Collected data entries:
________

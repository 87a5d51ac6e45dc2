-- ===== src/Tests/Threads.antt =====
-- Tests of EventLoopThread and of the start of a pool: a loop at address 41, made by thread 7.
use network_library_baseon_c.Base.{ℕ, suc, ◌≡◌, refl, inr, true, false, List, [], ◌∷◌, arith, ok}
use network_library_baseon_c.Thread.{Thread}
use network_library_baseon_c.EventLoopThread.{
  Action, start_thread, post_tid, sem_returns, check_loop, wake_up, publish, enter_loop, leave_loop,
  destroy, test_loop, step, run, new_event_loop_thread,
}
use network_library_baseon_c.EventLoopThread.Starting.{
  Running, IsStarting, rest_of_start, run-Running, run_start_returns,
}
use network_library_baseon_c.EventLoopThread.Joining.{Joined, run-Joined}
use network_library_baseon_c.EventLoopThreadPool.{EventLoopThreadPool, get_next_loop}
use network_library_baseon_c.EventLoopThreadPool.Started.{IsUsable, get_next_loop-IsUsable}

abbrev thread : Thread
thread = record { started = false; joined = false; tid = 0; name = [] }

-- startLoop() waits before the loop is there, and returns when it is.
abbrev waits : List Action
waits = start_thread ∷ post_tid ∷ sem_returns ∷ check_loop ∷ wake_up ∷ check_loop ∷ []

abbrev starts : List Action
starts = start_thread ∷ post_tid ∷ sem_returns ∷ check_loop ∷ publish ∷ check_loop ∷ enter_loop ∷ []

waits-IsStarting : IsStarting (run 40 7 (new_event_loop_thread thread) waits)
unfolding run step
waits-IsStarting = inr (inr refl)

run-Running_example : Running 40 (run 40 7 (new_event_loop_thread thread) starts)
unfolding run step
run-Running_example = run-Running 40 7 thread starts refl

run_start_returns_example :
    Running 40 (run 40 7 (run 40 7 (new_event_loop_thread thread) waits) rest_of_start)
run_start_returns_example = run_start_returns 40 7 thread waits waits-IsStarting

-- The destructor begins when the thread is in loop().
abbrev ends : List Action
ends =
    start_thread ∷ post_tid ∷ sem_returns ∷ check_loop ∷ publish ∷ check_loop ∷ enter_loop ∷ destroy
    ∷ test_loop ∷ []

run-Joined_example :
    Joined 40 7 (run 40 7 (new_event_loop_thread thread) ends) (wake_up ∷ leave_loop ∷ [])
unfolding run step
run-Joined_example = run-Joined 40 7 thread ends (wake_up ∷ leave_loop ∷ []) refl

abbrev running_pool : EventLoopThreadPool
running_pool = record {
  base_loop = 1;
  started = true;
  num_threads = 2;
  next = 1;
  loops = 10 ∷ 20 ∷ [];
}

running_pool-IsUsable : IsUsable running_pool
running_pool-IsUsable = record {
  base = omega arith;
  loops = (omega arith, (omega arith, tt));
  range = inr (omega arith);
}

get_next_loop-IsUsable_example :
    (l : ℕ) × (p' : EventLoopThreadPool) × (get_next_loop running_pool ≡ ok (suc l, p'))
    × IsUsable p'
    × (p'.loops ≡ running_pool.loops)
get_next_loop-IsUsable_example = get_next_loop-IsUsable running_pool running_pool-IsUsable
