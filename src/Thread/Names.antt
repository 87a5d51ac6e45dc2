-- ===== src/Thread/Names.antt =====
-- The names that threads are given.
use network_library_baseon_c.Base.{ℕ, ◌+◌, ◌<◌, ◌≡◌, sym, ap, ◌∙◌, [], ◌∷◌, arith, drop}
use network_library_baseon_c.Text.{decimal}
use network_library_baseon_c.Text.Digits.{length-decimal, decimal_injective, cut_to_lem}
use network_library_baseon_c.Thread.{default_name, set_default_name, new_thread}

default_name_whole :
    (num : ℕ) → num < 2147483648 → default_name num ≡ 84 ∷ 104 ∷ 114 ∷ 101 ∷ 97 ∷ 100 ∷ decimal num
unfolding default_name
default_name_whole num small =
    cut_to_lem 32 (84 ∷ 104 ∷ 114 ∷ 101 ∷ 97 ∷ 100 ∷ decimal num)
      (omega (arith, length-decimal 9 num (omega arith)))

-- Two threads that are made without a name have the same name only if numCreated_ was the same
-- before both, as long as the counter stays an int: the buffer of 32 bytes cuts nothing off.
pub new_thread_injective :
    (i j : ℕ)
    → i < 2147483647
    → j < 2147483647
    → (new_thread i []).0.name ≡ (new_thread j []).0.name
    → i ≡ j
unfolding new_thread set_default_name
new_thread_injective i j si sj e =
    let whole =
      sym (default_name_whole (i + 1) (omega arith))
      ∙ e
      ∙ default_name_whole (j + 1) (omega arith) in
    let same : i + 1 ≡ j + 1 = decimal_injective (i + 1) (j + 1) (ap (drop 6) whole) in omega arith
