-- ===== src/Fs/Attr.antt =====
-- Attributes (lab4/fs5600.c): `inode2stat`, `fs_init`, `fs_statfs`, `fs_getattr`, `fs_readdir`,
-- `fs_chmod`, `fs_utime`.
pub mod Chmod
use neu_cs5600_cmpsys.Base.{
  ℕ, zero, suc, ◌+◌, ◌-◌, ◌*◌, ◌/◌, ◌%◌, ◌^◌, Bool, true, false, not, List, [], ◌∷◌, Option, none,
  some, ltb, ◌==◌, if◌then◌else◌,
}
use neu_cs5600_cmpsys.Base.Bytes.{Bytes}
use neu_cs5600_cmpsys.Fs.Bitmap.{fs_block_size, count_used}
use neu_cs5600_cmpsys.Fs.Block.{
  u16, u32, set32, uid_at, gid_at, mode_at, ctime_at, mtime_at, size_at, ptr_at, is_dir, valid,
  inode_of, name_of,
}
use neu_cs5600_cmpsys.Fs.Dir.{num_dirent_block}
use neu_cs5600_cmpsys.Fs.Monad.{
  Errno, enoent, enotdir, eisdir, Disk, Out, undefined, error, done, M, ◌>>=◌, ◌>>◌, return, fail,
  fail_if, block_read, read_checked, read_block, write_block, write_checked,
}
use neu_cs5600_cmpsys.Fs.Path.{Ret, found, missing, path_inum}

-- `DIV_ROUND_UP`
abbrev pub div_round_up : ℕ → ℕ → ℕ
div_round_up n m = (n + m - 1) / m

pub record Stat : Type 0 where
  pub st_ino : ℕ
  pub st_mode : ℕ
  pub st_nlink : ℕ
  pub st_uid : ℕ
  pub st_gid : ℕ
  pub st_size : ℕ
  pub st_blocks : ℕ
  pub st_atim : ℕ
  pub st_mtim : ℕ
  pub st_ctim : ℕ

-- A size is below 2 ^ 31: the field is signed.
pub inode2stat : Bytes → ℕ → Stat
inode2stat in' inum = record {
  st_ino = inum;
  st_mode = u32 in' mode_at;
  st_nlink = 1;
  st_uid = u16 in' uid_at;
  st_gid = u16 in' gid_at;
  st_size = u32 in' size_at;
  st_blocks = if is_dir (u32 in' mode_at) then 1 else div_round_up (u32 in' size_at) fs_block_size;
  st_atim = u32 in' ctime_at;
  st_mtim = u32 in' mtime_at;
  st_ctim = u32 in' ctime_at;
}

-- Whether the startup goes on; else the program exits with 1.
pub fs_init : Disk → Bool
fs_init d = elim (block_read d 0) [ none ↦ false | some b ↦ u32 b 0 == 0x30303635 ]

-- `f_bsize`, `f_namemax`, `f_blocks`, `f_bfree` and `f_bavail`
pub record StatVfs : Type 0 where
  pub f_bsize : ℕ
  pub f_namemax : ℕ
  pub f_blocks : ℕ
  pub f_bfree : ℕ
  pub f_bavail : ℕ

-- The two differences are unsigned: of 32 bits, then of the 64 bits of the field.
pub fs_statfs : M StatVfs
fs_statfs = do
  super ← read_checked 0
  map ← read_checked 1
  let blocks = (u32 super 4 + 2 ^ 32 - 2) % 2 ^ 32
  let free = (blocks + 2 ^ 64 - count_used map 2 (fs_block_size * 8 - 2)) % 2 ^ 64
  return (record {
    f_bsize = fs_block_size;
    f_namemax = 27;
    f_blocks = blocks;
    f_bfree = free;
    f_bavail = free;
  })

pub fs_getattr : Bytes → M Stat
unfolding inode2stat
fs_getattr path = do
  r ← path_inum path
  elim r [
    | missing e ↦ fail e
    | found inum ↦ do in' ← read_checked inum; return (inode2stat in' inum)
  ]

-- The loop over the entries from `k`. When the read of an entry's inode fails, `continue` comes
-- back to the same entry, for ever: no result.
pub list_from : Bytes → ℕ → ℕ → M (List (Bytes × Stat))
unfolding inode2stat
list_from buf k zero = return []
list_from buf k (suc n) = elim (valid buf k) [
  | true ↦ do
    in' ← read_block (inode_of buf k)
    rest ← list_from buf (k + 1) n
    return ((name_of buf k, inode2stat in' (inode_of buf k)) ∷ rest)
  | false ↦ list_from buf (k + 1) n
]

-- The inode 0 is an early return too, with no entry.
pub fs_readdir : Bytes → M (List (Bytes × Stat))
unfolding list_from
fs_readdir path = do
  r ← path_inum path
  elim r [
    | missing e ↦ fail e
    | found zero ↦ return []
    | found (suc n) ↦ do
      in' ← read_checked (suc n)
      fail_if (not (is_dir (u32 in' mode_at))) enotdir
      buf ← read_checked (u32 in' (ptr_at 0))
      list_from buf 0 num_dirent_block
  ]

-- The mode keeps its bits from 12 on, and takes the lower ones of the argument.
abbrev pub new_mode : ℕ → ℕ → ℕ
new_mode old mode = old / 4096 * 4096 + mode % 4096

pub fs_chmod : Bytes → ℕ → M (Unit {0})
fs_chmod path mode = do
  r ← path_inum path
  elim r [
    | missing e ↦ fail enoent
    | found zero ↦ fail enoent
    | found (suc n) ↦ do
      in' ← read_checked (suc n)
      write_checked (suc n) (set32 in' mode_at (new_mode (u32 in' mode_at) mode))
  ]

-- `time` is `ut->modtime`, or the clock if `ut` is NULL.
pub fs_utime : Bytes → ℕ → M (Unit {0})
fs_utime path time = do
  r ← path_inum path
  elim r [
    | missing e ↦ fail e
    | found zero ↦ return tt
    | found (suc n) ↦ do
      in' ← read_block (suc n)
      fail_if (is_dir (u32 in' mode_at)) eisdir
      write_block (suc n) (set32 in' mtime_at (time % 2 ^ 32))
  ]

________

— PROBLEM REQUIREMENTS —
What is needed is every line from the data above that includes the string "before", copied out.

— RESPONSE AREA —
-- startLoop() waits before the loop is there, and returns when it is.
-- before both, as long as the counter stays an int: the buffer of 32 bytes cuts nothing off.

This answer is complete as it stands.